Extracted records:
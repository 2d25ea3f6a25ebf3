-- ===== src/X86/Tests.antt =====
-- Runs of the x86 disassembler, the jump patch and the rewriting, and the theorems at concrete code.
use substitute.Common.{
  ℕ, zero, suc, ◌<◌, ◌≤◌, ◌≡◌, ◌≢◌, ◌⊎◌, refl, arith, List, [], ◌∷◌, true, false, some, length,
}
use substitute.X86.Flags.{i_pfx}
use substitute.X86.Onebyte.{onebyte_bits}
use substitute.X86.JumpPatch.{
  jump_patch_size, make_jmp_or_call, make_jump_patch, max_jump_patch_size, fits_32,
}
use substitute.X86.Decode.{X86Event, dis, type_of}
use substitute.X86.Decode.Dis.{decoded, bad_insn}
use substitute.X86.Decode.Ends.{dis-decodes}
use substitute.X86.RoundTrip.{Reads, reading, dis-make_jump_patch, length-make_jmp_or_call}
use substitute.X86.Transform.{transform_dis_main}
use substitute.X86.Transform.Ends.{Ends, NoRun, transform_dis_main-Rewrites}

-- `push %rbp; mov %rsp, %rbp; je .+18`
abbrev intro : ℕ → ℕ
intro = reading (0x55 ∷ 0x48 ∷ 0x89 ∷ 0xe5 ∷ 0x74 ∷ 0x10 ∷ [])

intro_bytes : (a : ℕ) → intro a < 256
intro_bytes zero = omega arith
intro_bytes (suc zero) = omega arith
intro_bytes (suc (suc zero)) = omega arith
intro_bytes (suc (suc (suc zero))) = omega arith
intro_bytes (suc (suc (suc (suc zero)))) = omega arith
intro_bytes (suc (suc (suc (suc (suc zero))))) = omega arith
intro_bytes (suc (suc (suc (suc (suc (suc a)))))) = omega arith

intro-NoRun : NoRun intro 4 0x1000 0x1005
unfolding onebyte_bits
intro-NoRun zero h = (0, omega arith, λ e. omega arith)
intro-NoRun (suc zero) h = (1, omega arith, λ e. omega arith)
intro-NoRun (suc (suc zero)) h = (0, omega arith, λ e. omega arith)
intro-NoRun (suc (suc (suc zero))) h = (0, omega arith, λ e. omega arith)
intro-NoRun (suc (suc (suc (suc zero)))) h = (0, omega arith, λ e. omega arith)
intro-NoRun (suc (suc (suc (suc (suc a))))) h = absurd (omega arith)

transform_dis_main-Rewrites_example :
    Ends 4 0x1000 0x1005 (transform_dis_main intro 0x2000 4 0x1000 0x1005 false)
transform_dis_main-Rewrites_example =
    transform_dis_main-Rewrites intro intro_bytes 0x2000 4 0x1000 0x1005 (omega arith) false
      (omega arith) (omega arith) (omega arith) intro-NoRun

no_prefix : type_of (onebyte_bits (intro 0)) ≢ i_pfx
unfolding onebyte_bits
no_prefix e = omega arith

dis-decodes_example :
    (dis intro 1 0x1000 ≡ bad_insn)
    ⊎ ((size : ℕ) × ((calls : List X86Event) × (dis intro 1 0x1000 ≡ decoded size calls)))
dis-decodes_example = dis-decodes intro intro_bytes 1 0x1000 0 (omega arith) no_prefix

dis-make_jump_patch_example :
    Reads 0x1000 0x2000
      (dis (reading (make_jump_patch 0x1000 0x2000)) 1 0x1000)
      (make_jump_patch 0x1000 0x2000)
dis-make_jump_patch_example = dis-make_jump_patch 0x1000 0x2000 (omega arith) (omega arith)

announced : jump_patch_size 0x1000 0x2000 true ≡ some 5
unfolding jump_patch_size fits_32
announced = refl

length-make_jmp_or_call_example :
    (length (make_jmp_or_call 0x1000 0x2000 true) ≡ 5) × (5 ≤ max_jump_patch_size)
length-make_jmp_or_call_example = length-make_jmp_or_call 0x1000 0x2000 5 true announced
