-- ===== src/Naming.antt =====
-- naming.go: stream, subject and consumer names.
pub mod Injective
use go_messaging_nats.Base.{String, List, [], ◌∷◌}
use go_messaging_nats.Base.Text.{concat}
use go_messaging_nats.Messaging.{Messaging}

abbrev pub default_event_stream_name : String
default_event_stream_name = "events"

-- <stream>.>
unfoldable pub stream_subjects : String → String
stream_subjects stream = concat (stream ∷ ".>" ∷ [])

-- <service>.request.<routingKey>
unfoldable pub service_request_subject : String → String → String
service_request_subject service routing_key = concat (service ∷ ".request." ∷ routing_key ∷ [])

unfoldable pub consumer_name : String → String
consumer_name service = service

unfoldable pub consumer_name_with_suffix : String → String → String
consumer_name_with_suffix service suffix = concat (service ∷ "-" ∷ suffix ∷ [])

module _ (m : Messaging) where
  unfoldable pub stream_name : String → String
  stream_name name = m.nats_stream_name name

  unfoldable pub subject_name : String → String → String
  subject_name stream routing_key = m.nats_subject stream routing_key

  unfoldable pub filter_subject : String → String → String
  filter_subject stream routing_key = m.nats_subject stream (m.translate_wildcard routing_key)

What you have to do ▸
Could you set down each entry above word for word?

Written response ▸
repository 2d25ea3f6a25ebf3
-- ===== src/X86/Tests.antt =====
-- Runs of the x86 disassembler, the jump patch and the rewriting, and the theorems at concrete code.
use substitute.Common.{
  ℕ, zero, suc, ◌<◌, ◌≤◌, ◌≡◌, ◌≢◌, ◌⊎◌, refl, arith, List, [], ◌∷◌, true, false, some, length,
}
use substitute.X86.Flags.{i_pfx}
use substitute.X86.Onebyte.{onebyte_bits}
use substitute.X86.JumpPatch.{
  jump_patch_size, make_jmp_or_call, make_jump_patch, max_jump_patch_size, fits_32,
}
use substitute.X86.Decode.{X86Event, dis, type_of}
use substitute.X86.Decode.Dis.{decoded, bad_insn}
use substitute.X86.Decode.Ends.{dis-decodes}
use substitute.X86.RoundTrip.{Reads, reading, dis-make_jump_patch, length-make_jmp_or_call}
use substitute.X86.Transform.{transform_dis_main}
use substitute.X86.Transform.Ends.{Ends, NoRun, transform_dis_main-Rewrites}

-- `push %rbp; mov %rsp, %rbp; je .+18`
abbrev intro : ℕ → ℕ
intro = reading (0x55 ∷ 0x48 ∷ 0x89 ∷ 0xe5 ∷ 0x74 ∷ 0x10 ∷ [])

intro_bytes : (a : ℕ) → intro a < 256
intro_bytes zero = omega arith
intro_bytes (suc zero) = omega arith
intro_bytes (suc (suc zero)) = omega arith
intro_bytes (suc (suc (suc zero))) = omega arith
intro_bytes (suc (suc (suc (suc zero)))) = omega arith
intro_bytes (suc (suc (suc (suc (suc zero))))) = omega arith
intro_bytes (suc (suc (suc (suc (suc (suc a)))))) = omega arith

intro-NoRun : NoRun intro 4 0x1000 0x1005
unfolding onebyte_bits
intro-NoRun zero h = (0, omega arith, λ e. omega arith)
intro-NoRun (suc zero) h = (1, omega arith, λ e. omega arith)
intro-NoRun (suc (suc zero)) h = (0, omega arith, λ e. omega arith)
intro-NoRun (suc (suc (suc zero))) h = (0, omega arith, λ e. omega arith)
intro-NoRun (suc (suc (suc (suc zero)))) h = (0, omega arith, λ e. omega arith)
intro-NoRun (suc (suc (suc (suc (suc a))))) h = absurd (omega arith)

transform_dis_main-Rewrites_example :
    Ends 4 0x1000 0x1005 (transform_dis_main intro 0x2000 4 0x1000 0x1005 false)
transform_dis_main-Rewrites_example =
    transform_dis_main-Rewrites intro intro_bytes 0x2000 4 0x1000 0x1005 (omega arith) false
      (omega arith) (omega arith) (omega arith) intro-NoRun

no_prefix : type_of (onebyte_bits (intro 0)) ≢ i_pfx
unfolding onebyte_bits
no_prefix e = omega arith

dis-decodes_example :
    (dis intro 1 0x1000 ≡ bad_insn)
    ⊎ ((size : ℕ) × ((calls : List X86Event) × (dis intro 1 0x1000 ≡ decoded size calls)))
dis-decodes_example = dis-decodes intro intro_bytes 1 0x1000 0 (omega arith) no_prefix

dis-make_jump_patch_example :
    Reads 0x1000 0x2000
      (dis (reading (make_jump_patch 0x1000 0x2000)) 1 0x1000)
      (make_jump_patch 0x1000 0x2000)
dis-make_jump_patch_example = dis-make_jump_patch 0x1000 0x2000 (omega arith) (omega arith)

announced : jump_patch_size 0x1000 0x2000 true ≡ some 5
unfolding jump_patch_size fits_32
announced = refl

length-make_jmp_or_call_example :
    (length (make_jmp_or_call 0x1000 0x2000 true) ≡ 5) × (5 ≤ max_jump_patch_size)
length-make_jmp_or_call_example = length-make_jmp_or_call 0x1000 0x2000 5 true announced
-- ===== src/Naming.antt =====
-- naming.go: stream, subject and consumer names.
pub mod Injective
use go_messaging_nats.Base.{String, List, [], ◌∷◌}
use go_messaging_nats.Base.Text.{concat}
use go_messaging_nats.Messaging.{Messaging}

abbrev pub default_event_stream_name : String
default_event_stream_name = "events"

-- <stream>.>
unfoldable pub stream_subjects : String → String
stream_subjects stream = concat (stream ∷ ".>" ∷ [])

-- <service>.request.<routingKey>
unfoldable pub service_request_subject : String → String → String
service_request_subject service routing_key = concat (service ∷ ".request." ∷ routing_key ∷ [])

unfoldable pub consumer_name : String → String
consumer_name service = service

unfoldable pub consumer_name_with_suffix : String → String → String
consumer_name_with_suffix service suffix = concat (service ∷ "-" ∷ suffix ∷ [])

module _ (m : Messaging) where
  unfoldable pub stream_name : String → String
  stream_name name = m.nats_stream_name name

  unfoldable pub subject_name : String → String → String
  subject_name stream routing_key = m.nats_subject stream routing_key

  unfoldable pub filter_subject : String → String → String
  filter_subject stream routing_key = m.nats_subject stream (m.translate_wildcard routing_key)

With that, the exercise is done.